▶ **TASK REQUIREMENTS**:
Please copy each line below that contains the string "half".

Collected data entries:
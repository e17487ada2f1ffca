-- ===== src/Webhook/Retry/Deadline.antt =====
-- When the next attempt of a delivery is due.
use go_service_template_rest.Base.{
  ℕ, zero, suc, ◌+◌, ◌-◌, ◌*◌, ◌/◌, ◌%◌, ◌^◌, ◌≤◌, ◌<◌, ◌≡◌, ◌∙◌, min, Option, none, some, Bytes,
  arith, ltb, Bool-cases, inl, inr, ltb→lt, ◌++◌,
}
use go_service_template_rest.Base.Int.{
  ℤ, pos, negsuc, add64, add64-pos, mul64, quot64, min_ℤ, wrap64-pos, wrap64-negsuc, sub_ℕ,
}
use go_service_template_rest.Webhook.Retry.{
  Job, Clockwork, second, initial_backoff, max_backoff, max_elapsed, doubled, backoff,
  attempt_number, within_deadline, or_later, time_add, next_retry, stored_hint, word_bytes,
}

doubled_bounds :
    (rounds delay : ℕ)
    → initial_backoff ≤ delay
    → delay ≤ max_backoff
    → (initial_backoff ≤ doubled rounds delay) × (doubled rounds delay ≤ max_backoff)
unfolding doubled
doubled_bounds zero delay low high = (low, high)
doubled_bounds (suc rounds) delay low high = elim (Bool-cases (ltb delay max_backoff)) [
  | inl e ↦ rw e (doubled_bounds rounds (min (2 * delay) max_backoff) (omega arith) (omega arith))
  | inr e ↦ rw e (low, high)
]

-- The jitter lies between -100 and 100.
jitter_up : (r : ℕ) → r < 201 → 100 ≤ r → add64 (pos r) (negsuc 99) ≡ pos (r - 100)
unfolding add64
jitter_up r h up = ground (arith, wrap64-pos (r - 100))

jitter_down : (r : ℕ) → r < 100 → add64 (pos r) (negsuc 99) ≡ negsuc (99 - r)
unfolding add64
jitter_down r h = ground (arith, wrap64-negsuc (99 - r))

mul64-pos : (a b : ℕ) → a * b < 2 ^ 63 → mul64 (pos a) (pos b) ≡ pos (a * b)
unfolding mul64
mul64-pos a b h = ground (arith, wrap64-pos (a * b))

mul64-negsuc :
    (a b : ℕ)
    → 0 < a * suc b
    → a * suc b < 2 ^ 63
    → mul64 (pos a) (negsuc b) ≡ negsuc (a * suc b - 1)
unfolding mul64
mul64-negsuc a b p h = ground (arith, wrap64-negsuc (a * suc b - 1))

-- A tenth more or less.
abbrev Near : ℕ → ℤ → Type 0
Near d z = (n : ℕ) × (z ≡ pos n) × (10 * n ≤ 11 * d) × (9 * d ≤ 10 * n)

jittered_up :
    (d m : ℕ)
    → d ≤ max_backoff
    → m ≤ 100
    → Near d (add64 (pos d) (quot64 (mul64 (pos d) (pos m)) 1000))
unfolding quot64
jittered_up d m high small =
    let bound : d * m ≤ d * 100 = grind arith in
    let small_product : d * m < 2 ^ 63 = omega arith in
    (
      d + d * m / 1000,
      rw (mul64-pos d m small_product) (add64-pos d (d * m / 1000) (omega arith)),
      omega arith,
      omega arith,
    )

add64-sub_ℕ : (d q : ℕ) → q ≤ d → d < 2 ^ 63 → add64 (pos d) (sub_ℕ 0 q) ≡ pos (d - q)
unfolding add64
add64-sub_ℕ d q le h = ground (arith, wrap64-pos (d - q))

jittered_down :
    (d k : ℕ)
    → 0 < d
    → d ≤ max_backoff
    → k ≤ 99
    → Near d (add64 (pos d) (quot64 (mul64 (pos d) (negsuc k)) 1000))
unfolding quot64
jittered_down d k low high small =
    let bound : d * suc k ≤ d * 100 = grind arith in
    let positive : 0 < d * suc k = grind arith in
    let back : suc (d * suc k - 1) ≡ d * suc k = omega arith in
    (
      d - d * suc k / 1000,
      rw (mul64-negsuc d k positive (omega arith), back)
          (add64-sub_ℕ d (d * suc k / 1000) (omega arith) (omega arith)),
      omega arith,
      omega arith,
    )

jittered :
    (d r : ℕ)
    → 0 < d
    → d ≤ max_backoff
    → r < 201
    → Near d (add64 (pos d) (quot64 (mul64 (pos d) (add64 (pos r) (negsuc 99))) 1000))
jittered d r low high small = elim (Bool-cases (ltb r 100)) [
  | inl e ↦
      let lt = ltb→lt r 100 e in
      rw (jitter_down r lt) (jittered_down d (99 - r) low high (omega arith))
  | inr e ↦
      let le : 100 ≤ r = ground arith in
      rw (jitter_up r small le) (jittered_up d (r - 100) high (omega arith))
]

expired_lem :
    (now due created : ℕ)
    → created + max_elapsed ≤ now
    → within_deadline now due (some created) ≡ now + second
unfolding within_deadline
expired_lem now due created h = ground arith

due_lem :
    (now due created : ℕ)
    → now < created + max_elapsed
    → within_deadline now due (some created) ≡ min due (created + max_elapsed)
unfolding within_deadline
due_lem now due created h = ground arith

or_later-le : (due : ℕ) (hint : Option ℕ) → due ≤ or_later due hint
or_later-le due none = omega arith
or_later-le due (some hint) = ground arith

hint-le : (due hint : ℕ) (o : Option ℕ) → o ≡ some hint → hint ≤ or_later due o
hint-le due hint none e = cc
hint-le due hint (some h) e = ground arith

module _ (clock : Clockwork) where
  -- A delay of four and a half seconds to a day.
  abbrev Delay : ℤ → Type 0
  Delay z = (n : ℕ) × (z ≡ pos n) × (4 * second + second / 2 ≤ n) × (n ≤ max_backoff)

  capped : (d : ℕ) (z : ℤ) → initial_backoff ≤ d → Near d z → Delay (min_ℤ z (pos max_backoff))
  capped d z low (n, e, high, near) =
      (min n max_backoff, rw e (ground arith), omega arith, omega arith)

  backoff-Delay : (delivery_id : Bytes) (attempt : ℤ) → Delay (backoff clock delivery_id attempt)
  unfolding backoff
  backoff-Delay id attempt =
      let n = attempt_number attempt in
      let (low, high) = doubled_bounds (n - 1) initial_backoff (omega arith) (omega arith) in
      capped (doubled (n - 1) initial_backoff) _ low (
        jittered (doubled (n - 1) initial_backoff) (clock.digest_word (id ++ word_bytes 8 n) % 201)
          (omega arith) high (omega arith))

  -- A delivery that has not expired is tried again later than now and within four days of its creation:
  -- not before four and a half seconds have passed and not before the moment that Retry-After named,
  -- unless the four days end first. One that has expired comes back in a second, to be given up.
  pub next_retry_lem :
      (job : Job) (now created : ℕ)
      → job.created_at ≡ some created
      → (created + max_elapsed ≤ now → next_retry clock job now ≡ now + second)
        × (now < created + max_elapsed
            → (now < next_retry clock job now)
              × (next_retry clock job now ≤ created + max_elapsed)
              × (min (now + 4 * second + second / 2) (created + max_elapsed)
                  ≤ next_retry clock job now)
              × ((hint : ℕ)
                  → stored_hint clock job.metadata ≡ some hint
                  → min hint (created + max_elapsed) ≤ next_retry clock job now))
  unfolding next_retry
  next_retry_lem job now created e =
      let (n, same, low, high) = backoff-Delay job.delivery_id job.attempt in
      let hint = stored_hint clock job.metadata in
      let due = or_later (now + n) hint in
      let whole : next_retry clock job now ≡ within_deadline now due (some created) =
        λ i. within_deadline now (or_later (time_add now (same i)) hint) (e i) in
      (
        (λ over. whole ∙ expired_lem now due created over),
        (λ before.
            let value : next_retry clock job now ≡ min due (created + max_elapsed) =
              whole ∙ due_lem now due created before in
            let later = or_later-le (now + n) hint in
            (
              omega arith,
              omega arith,
              omega arith,
              (λ h asked. omega (arith, hint-le (now + n) h hint asked)),
            )),
      )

▶ **FINISHED EXERCISE**:
  -- A delay of four and a half seconds to a day.
  -- not before four and a half seconds have passed and not before the moment that Retry-After named,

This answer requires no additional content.